I would still recommend it though, but as your first encounter with Petra in Jordan. It is a very special atmosphere and a very different experience to walk in pitch darkness - while you get lifted a little tab of all the exciting things that await you until the next day.
So grab it Petra by night in the evening, and take in the whole area the next day with a guide. You will be happy about that. And Petra is pretty wild.
Wadi Rum - a Lawrence of Arabia adventure
The Wadi Rum desert is an almost spiritual experience. It is preternaturally beautiful and quiet in the desert, and at night the starry sky shines brightly. Naturally, I also got back on a camel, and it is now once again a very suitable animal to experience the desert on, even if it is a little hard on the rear.
We came on a jeep safari with lots of stops along the way: climbing huge sandbanks, up to viewpoints and climbing natural stone bridges and with a crimson sunset as the perfect end to the day.
We stayed in a luxury camp in the desert itself, which I can highly recommend. It was away from roads and civilization, and you quickly got an experience of being in another world.
All meals and tours were taken care of by local Bedouins. In the evening we had delicious local food, which was prepared on the spot over an open fire and in an earthen oven. A Bedouin can obviously always conjure up the most delicious meal over an open fire, and not least sweet spiced tea, which you are offered everywhere. We also heard some local music on a simple form of violin while the wind shook the Bedouin tent and the scent of the tea spread.
We lived like we had landed on Mars, in domes with our own little bathroom and even heat, which was good because it gets cold in the desert at night in March, and even during the day a down jacket came in very handy.
Wadi Rum has provided sand for many film shoots, and I can kind of understand that. It is exceptionally beautiful out there.
Snorkeling in the Red Sea in Aqaba
If you are into underwater experiences, diving or snorkelling, then it is lucky that Jordan has 27 km of coastline to the Red Sea. They share that with Israeli Eilat just on the other side of the narrow bay, and moreover quite close to Egypt.
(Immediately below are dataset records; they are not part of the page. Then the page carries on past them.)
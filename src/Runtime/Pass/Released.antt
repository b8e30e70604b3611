-- ===== src/Runtime/Pass/Released.antt =====
-- crates/gmr-runtime/src/pass.rs: what a pass gives back, and what it counts.
use gmr.Support.{◌++◌, none, some, if◌then◌else◌, ℕ, suc, ◌+◌, ◌≤◌, List, [], ◌∷◌, length, ◌≡◌, All}
use gmr.Support.Text.{Text}
use gmr.Json.{Platform}
use gmr.Core.Anchor.{Anchor, is_terminal}
use gmr.Store.Journal.{Table, Codec}
use gmr.Store.Queue.{Ticket}
use gmr.Store.Queue.Leases.{lease_end}
use gmr.Budget.{Budget, remaining}
use gmr.Runtime.Policy.{Policy}
use gmr.Runtime.Log.{Stood}
use gmr.Runtime.Errors.{Ran, ran, refused}
use gmr.Runtime.Observer.{Observer}
use gmr.Runtime.Scheduler.{Settings}
use gmr.Runtime.Observe.{Observed, transitioned, attempted, closed}
use gmr.Runtime.Looking.{Moment, observe_with}
use gmr.Runtime.Pass.{Passed, Passing}

module _ ⦃host : Platform⦄ where
  -- What one ticket does to the pass.
  pub record Handled (ticket : Ticket) (p q : Passing) : Type 0 where
    pub released : lease_end ticket.anchor q.queue ≡ 0
    pub keeps : (a : Text) → lease_end a p.queue ≡ 0 → lease_end a q.queue ≡ 0
    pub seen_or_skipped : q.out.observed + q.out.skipped ≡ suc (p.out.observed + p.out.skipped)
    pub accounted :
        q.out.unseen + q.out.retired + p.out.observed
        ≤ p.out.unseen + p.out.retired + q.out.observed
    pub moves : length q.out.moved + p.out.observed ≤ length p.out.moved + q.out.observed

  of_ran : Passing → Ran Passing → Passing
  of_ran p (ran q) = q
  of_ran p (refused e) = p

  abbrev pub failures_in : Observed → ℕ
  failures_in (attempted reason code message n) = 1
  failures_in _ = 0

  abbrev pub ends_in : Anchor → Observed → ℕ
  ends_in anchor closed = 1
  ends_in anchor (transitioned from to) = if is_terminal anchor to then 1 else 0
  ends_in anchor _ = 0

  -- What a pass counts of an anchor that was observed: a failed attempt as unseen; as retired an anchor
  -- that is closed, or has moved to a state that is terminal for it; and one that moved as moved.
  pub record Counts (key : Text) (anchor : Anchor) (o : Observed) (out out' : Passed) : Type 0 where
    pub observed_is : out'.observed ≡ out.observed + 1
    pub skipped_is : out'.skipped ≡ out.skipped
    pub unseen_is : out'.unseen ≡ out.unseen + failures_in o
    pub retired_is : out'.retired ≡ out.retired + ends_in anchor o
    pub moved_is : out'.moved ≡ out.moved ++ (elim o [ transitioned from to ↦ key ∷ [] | _ ↦ [] ])

  module _ (policy : Policy) (settings : Settings) where
    module _ (codec : Codec) (evaluator : Text) (observer : Observer) where
      module _ (others : ℕ → ℕ → Table → Table) (budget : Budget) where
        module _ (moments : ℕ → Moment) (clock : ℕ → ℕ) where
          -- What becomes of a ticket: it is skipped, and its anchor left alone, where no time remains; else
          -- its anchor is observed, under its token.
          pub data Went (i : ℕ) (ticket : Ticket) (p q : Passing) : Type 0 where
            went_skipped :
                remaining (moments i).instant budget ≡ none
                → q.site ≡ p.site
                → q.out ≡ record p.out { skipped = p.out.skipped + 1 }
                → Went i ticket p q
            went_observed :
                (left : ℕ) (o : Observed) (found : Stood)
                → remaining (moments i).instant budget ≡ some left
                → observe_with codec evaluator observer settings
                    (others i)
                    ticket.anchor
                    ticket.fence
                    budget
                    (moments i)
                    p.site
                  ≡ ran (o, found, q.site)
                → Counts ticket.anchor found.anchor.anchor o p.out q.out
                → Went i ticket p q

          -- The tickets are gone through in order, each from where the one before it left the pass.
          pub data Passes : ℕ → List Ticket → Passing → Passing → Type 0 where
            passed_none : (i : ℕ) (p : Passing) → Passes i [] p p
            passed_one :
                (i : ℕ) (ticket : Ticket) (tickets : List Ticket) (p x q : Passing)
                → Went i ticket p x
                → Passes (suc i) tickets x q
                → Passes i (ticket ∷ tickets) p q

          -- What the pass owes for the tickets that it was given.
          pub record Done (i : ℕ) (tickets : List Ticket) (p q : Passing) : Type 0 where
            pub passes : Passes i tickets p q
            pub released : All (λ (t : Ticket). lease_end t.anchor q.queue ≡ 0) tickets
            pub keeps : (a : Text) → lease_end a p.queue ≡ 0 → lease_end a q.queue ≡ 0
            pub seen_or_skipped :
                q.out.observed + q.out.skipped ≡ p.out.observed + p.out.skipped + length tickets
            pub accounted :
                q.out.unseen + q.out.retired + p.out.observed
                ≤ p.out.unseen + p.out.retired + q.out.observed
            pub moves : length q.out.moved + p.out.observed ≤ length p.out.moved + q.out.observed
Despite the wind and waves, we managed to swim to 'The Japanese Garden' in Jordan, which is recommended as the best snorkelling spot by Lonely Planet. We were on a half-sized boat which arranged trip, then we could get around a bit more and we got to see part of the coast and we were in several times.
The area is not that big, and the selection of fish not that diverse, so it's a bit more for relaxing snorkelling. There are also plenty of diving centers in the area, where you can get down to some of the experiences that await below havet.
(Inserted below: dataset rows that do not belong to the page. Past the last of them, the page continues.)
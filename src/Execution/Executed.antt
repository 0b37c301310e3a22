-- ===== src/Execution/Executed.antt =====
-- The trail of an execution over a connection that records it: the opening of the connection, the
-- session and its closing, and the observations after it.
use sdr_pi.Base.{
  ℕ, zero, suc, ◌≤◌, ◌*◌, ◌≡◌, refl, ◌⊎◌, inl, inr, List, [], ◌∷◌, Result, ok, err, arith,
  Result-cases, Bool-cases, String, sym,
}
use mathlib.Core.Path.{subst}
use sdr_pi.Protocol.{ValidatedPlan, capture_bounded_iq}
use sdr_pi.Sdr.{SdrError}
use sdr_pi.Sdr.Wire.{Wire}
use sdr_pi.Sdr.Observe.{ObserveShapes, sdrd_observe}
use sdr_pi.Sdr.Observed.{sdrd_observe-Reads}
use sdr_pi.Sdr.Recorded.{
  WireEvent, sent, connected, slept, recorded, told, LastOf, Within, Reads, query, Reads-trans,
}
use sdr_pi.Execution.Authorization.{ExecutionAuthorization}
use sdr_pi.Execution.Responses.{ExecuteShapes}
use sdr_pi.Execution.Adapter.{
  Capture, capture_of, check_endpoint, run_session, is_busy, observe_retrying,
  observe_after_worker_release, capture_and_observe, sdrd_execute_capture, sdrd_execute,
}
use sdr_pi.Execution.Sessions.{script, ClosedAfter, Closed, run_session-Closed}

-- The events before the session, in order.
abbrev pub opening : ℕ → List WireEvent
opening timeout = connected timeout ∷ sent "HELLO" "" ∷ sent "CAPABILITIES" "" ∷ []

module _ {V N : Type 0} (wire : Wire V N) (observe_shapes : ObserveShapes V) (timeout : ℕ) where
  -- Whatever the daemon answers, the observation after an execution ends, after one attempt more than
  -- the retries at most, each of which only reads.
  pub observe_retrying-Reads :
      (retries : ℕ) (s : N × List WireEvent)
      → (n : ℕ) × (n ≤ suc retries)
        × Reads s.1 n (observe_retrying (recorded wire) observe_shapes timeout retries s).1.1
  unfolding observe_retrying
  observe_retrying-Reads zero s =
      (1, (omega arith), sdrd_observe-Reads wire observe_shapes timeout s)
  observe_retrying-Reads (suc retries) s =
      let once = sdrd_observe (recorded wire) observe_shapes timeout s in
      let reads = sdrd_observe-Reads wire observe_shapes timeout s in
      elim (Result-cases once.0) [
        | inl (snapshot, h) ↦
            (1, (omega arith), subst (Reads s.1 1) (sym (ground (arith, h))) reads)
        | inr (e, h) ↦ elim (Bool-cases (is_busy e)) [
          | inr other ↦
              (1, (omega arith), subst (Reads s.1 1) (sym (ground (arith, h, other))) reads)
          | inl busy ↦
              let paused : N × List WireEvent = (wire.sleep 10 once.1.0, slept 10 ∷ once.1.1) in
              let again = observe_retrying-Reads retries paused in
              (
                suc again.0,
                (omega (arith, again.1)),
                subst (Reads s.1 (suc again.0)) (sym (ground (arith, h, busy)))
                    (Reads-trans (query (slept 10) refl reads) again.2),
              )
        ]
      ]

  observe_after_worker_release-Reads :
      (s : N × List WireEvent)
      → (n : ℕ) × (n ≤ 21)
        × Reads s.1 n (observe_after_worker_release (recorded wire) observe_shapes timeout s).1.1
  unfolding observe_after_worker_release
  observe_after_worker_release-Reads s = observe_retrying-Reads 20 s

-- A complete session, and the observations after it.
abbrev pub Finished : Capture → List WireEvent → List WireEvent → Type 0
Finished c opened trail = (n : ℕ) × (n ≤ 21) × Reads (told 6 (script c) opened) n trail

-- The trail that an execution leaves over what was before: only a complete session gives a result.
abbrev pub Traced :
    {V X N : Type 0}
    → Capture
    → ℕ
    → List WireEvent
    → Result (SdrError V) X × (N × List WireEvent)
    → Type 0
Traced c timeout before (ok o, s) = Finished c (told 3 (opening timeout) before) s.1
Traced c timeout before (err e, s) =
    LastOf (opening timeout) 0 4 before s.1
    ⊎ ClosedAfter c 1 6 (told 3 (opening timeout) before) s.1
    ⊎ Finished c (told 3 (opening timeout) before) s.1

Finished-Traced :
    {V X N : Type 0} (c : Capture) (timeout : ℕ) (before : List WireEvent)
    (outcome : Result (SdrError V) X × (N × List WireEvent))
    → Finished c (told 3 (opening timeout) before) outcome.1.1
    → Traced c timeout before outcome
Finished-Traced c timeout before (ok o, s) h = h
Finished-Traced c timeout before (err e, s) h = inr (inr h)

module _ {V N : Type 0} (wire : Wire V N) (shapes : ExecuteShapes V)
    (observe_shapes : ObserveShapes V) (timeout : ℕ) where
  check_endpoint-Within :
      (max_bytes : ℕ) (s : N × List WireEvent) (before : List WireEvent)
      → s.1 ≡ told 1 (opening timeout) before
      → Within (opening timeout) 1 2 before (check_endpoint (recorded wire) shapes max_bytes s)
  unfolding check_endpoint
  check_endpoint-Within max_bytes s before h = ground arith

  capture_and_observe-Traced :
      (plan : ValidatedPlan) (c : Capture) (s : N × List WireEvent)
      → Traced c timeout s.1
          (capture_and_observe (recorded wire) shapes observe_shapes timeout plan c s)
  unfolding capture_and_observe
  capture_and_observe-Traced plan c s =
      let joined = (recorded wire).connect timeout s in
      let all = capture_and_observe (recorded wire) shapes observe_shapes timeout plan c s in
      let checked = check_endpoint (recorded wire) shapes c.max_bytes joined.1 in
      let within = check_endpoint-Within c.max_bytes joined.1 s.1 refl in
      elim (Result-cases joined.0) [
        | inr (e, p) ↦ ground (arith, p)
        | inl (_, p) ↦ elim (Result-cases checked.0) [
          | inr (e, q) ↦ ground (arith, p, q, within)
          | inl (_, q) ↦
              let opened : checked.1.1 ≡ told 3 (opening timeout) s.1 = ground (arith, q, within) in
              let session = run_session (recorded wire) shapes c checked.1 in
              let closed =
                subst (λ b. Closed c b session) opened
                  (run_session-Closed wire shapes c checked.1) in
              elim (Result-cases session.0) [
                | inr (e, r) ↦ ground (arith, p, q, r, closed)
                | inl (capture, r) ↦
                    let observed =
                      observe_after_worker_release (recorded wire) observe_shapes timeout
                        session.1 in
                    let reads =
                      observe_after_worker_release-Reads wire observe_shapes timeout session.1 in
                    let told_all : session.1.1 ≡ told 6 (script c) (told 3 (opening timeout) s.1) =
                      ground (arith, r, closed) in
                    let last : all.1.1 ≡ observed.1.1 = ground (arith, p, q, r) in
                    let read = subst (λ b. Reads b reads.0 observed.1.1) told_all reads.2 in
                    Finished-Traced c timeout s.1 all (
                      reads.0,
                      reads.1,
                      subst (Reads (told 6 (script c) (told 3 (opening timeout) s.1)) reads.0)
                          (sym last) read,
                    )
              ]
        ]
      ]

  sdrd_execute_capture-Traced :
      (plan : ValidatedPlan) (id : String) (center rate bandwidth samples : ℕ)
      (s : N × List WireEvent)
      → Traced
          (capture_of timeout plan id center rate bandwidth samples (samples * 4))
          timeout
          s.1
          (sdrd_execute_capture
            (recorded wire)
            shapes
            observe_shapes
            timeout
            plan
            id
            center
            rate
            bandwidth
            samples
            s)
  unfolding sdrd_execute_capture
  sdrd_execute_capture-Traced plan id center rate bandwidth samples s = ground (
    arith,
    capture_and_observe-Traced plan
        (capture_of timeout plan id center rate bandwidth samples (samples * 4)) s,
  )

  -- The execution of a capture plan that gives a result has connected and sent HELLO, CAPABILITIES and
  -- the six commands of the session, in order, and then only read, in at most 21 observations. One
  -- that fails has done that, or sent no more than a first part of what comes before the session, or
  -- sent a first part of the session and closed it: with STOP_SESSION and QUIT from its second command
  -- to its fifth, with QUIT alone at its first or its last.
  pub sdrd_execute-Traced :
      (plan : ValidatedPlan) (authorization : ExecutionAuthorization) (id : String)
      (center rate bandwidth samples : ℕ) (s : N × List WireEvent)
      → plan.action ≡ capture_bounded_iq id center rate bandwidth samples
      → Traced
          (capture_of timeout plan id center rate bandwidth samples (samples * 4))
          timeout
          s.1
          (sdrd_execute (recorded wire) shapes observe_shapes timeout plan authorization s)
  unfolding sdrd_execute
  sdrd_execute-Traced plan authorization id center rate bandwidth samples s h =
      ground (arith, sdrd_execute_capture-Traced plan id center rate bandwidth samples s)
We stayed at the Hyatt Regency Aqaba Ayla Resort, which is a huge beach resort, with its own beach and cool pools. Now that we were by the water, it was also to be enjoyed, and it was. It is a fairly modern hotel, located a little away from the city, and with beautiful rooms.
Aqaba itself has an old fort, some restaurants and not much more than that, but it's a nice walk along the harbor by the fort.
More tips for your Jordan trip
Apart from the highlights, you can also visit historical places like the Crusader Castle of Karak, Jerash, Wadi Mujib-the gap and the city of Madaba, which is known for its mosaics, i.a. a beautiful old world map made in the small mosaic stones.
You can easily spend 14 days if you want to experience most of Jordan. But you can also achieve a lot in less time.
Jordan is not necessarily a cheap destination. Hotels can cost the same as in Northern Europe, food costs real money and entrance ticket prices are usually more expensive for non-Jordanians. The entrance ticket to Petra is particularly expensive, but it is also a great experience. When you are considering whether to travel on your own or go on an organized tour, you must at least consider what you get in the package.
Here are a few things to know before you travel:
- A visa is required to enter Jordan. It costs approx. DKK 400, and you buy it on arrival at the airport. There is money to be saved by buying a “Jordan Pass”, which includes access to some of the biggest sights in Jordan.
- It is simple and easy to rent a car and get around Jordan. North and south are well connected by the Dead Sea Highway and the Desert Highway respectively. However, there may be a long distance between gas stations. There are also reasonably good bus connections, and there is even an old train, which, however, cannot be used for much other than an experience. It can also be obvious to go on an organized trip.
- It is generally safe to travel and travel as a woman in Jordan. However, a good piece of advice is to wear knee-length trousers or dresses and cover your shoulders - especially when you are outside the very touristy areas.
- Alcohol is generally only available at select restaurants in major cities and at hotels. It is illegal to drink alcohol on a public street and not well-liked to be visibly drunk.
God travel to beautiful Jordan.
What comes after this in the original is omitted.